▸ What you will do:
Retype every entry below exactly as it stands.

════════

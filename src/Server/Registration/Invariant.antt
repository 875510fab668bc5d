-- ===== src/Server/Registration/Invariant.antt =====
-- The invariant of the registration buffer: the window of the slots that are pending.
use so.Common.{ℕ, zero, suc, ◌+◌, ◌<◌, ◌%◌, Bool, true, false, List, [], ◌∷◌, ◌++◌, Bytes, ◌≡◌}
use so.Server.Kvs.{max_session_count}
use so.Server.Registration.{Host, reading, posting, Buffer, next_index}

abbrev pub one_if : Bool → ℕ
one_if true = 1
one_if false = 0

abbrev pub is_reading : Host → ℕ
is_reading reading = 1
is_reading _ = 0

abbrev pub is_posting : Host → ℕ
is_posting posting = 1
is_posting _ = 0

-- The `k` slots from index `r` on.
abbrev pub window : (ℕ → Bytes) → ℕ → ℕ → List Bytes
window slots r zero = []
window slots r (suc k) = slots r ∷ window slots (next_index r) k

-- How many requests are stored and not taken.
abbrev pub pending : Buffer → ℕ
pending b = b.clients + b.entering + one_if b.locked + is_posting b.host

pub record IsQueue (b : Buffer) : Type 0 where
  pub read_bound : b.read_index < max_session_count
  pub write_place : b.write_index ≡ (b.read_index + pending b) % max_session_count
  -- every slot is free, being filled, pending, or being given back
  pub places : b.space + is_reading b.host + pending b + b.leaving ≡ max_session_count
  pub contents : b.stored ≡ b.taken ++ window b.slots b.read_index (pending b)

════════

▸ Exercise output:
filename src/Server/Registration/Invariant.antt
repository 875510fab668bc5d
-- ===== src/Server/Registration/Invariant.antt =====
-- The invariant of the registration buffer: the window of the slots that are pending.
use so.Common.{ℕ, zero, suc, ◌+◌, ◌<◌, ◌%◌, Bool, true, false, List, [], ◌∷◌, ◌++◌, Bytes, ◌≡◌}
use so.Server.Kvs.{max_session_count}
use so.Server.Registration.{Host, reading, posting, Buffer, next_index}

abbrev pub one_if : Bool → ℕ
one_if true = 1
one_if false = 0

abbrev pub is_reading : Host → ℕ
is_reading reading = 1
is_reading _ = 0

abbrev pub is_posting : Host → ℕ
is_posting posting = 1
is_posting _ = 0

-- The `k` slots from index `r` on.
abbrev pub window : (ℕ → Bytes) → ℕ → ℕ → List Bytes
window slots r zero = []
window slots r (suc k) = slots r ∷ window slots (next_index r) k

-- How many requests are stored and not taken.
abbrev pub pending : Buffer → ℕ
pending b = b.clients + b.entering + one_if b.locked + is_posting b.host

pub record IsQueue (b : Buffer) : Type 0 where
  pub read_bound : b.read_index < max_session_count
  pub write_place : b.write_index ≡ (b.read_index + pending b) % max_session_count
  -- every slot is free, being filled, pending, or being given back
  pub places : b.space + is_reading b.host + pending b + b.leaving ≡ max_session_count
  pub contents : b.stored ≡ b.taken ++ window b.slots b.read_index (pending b)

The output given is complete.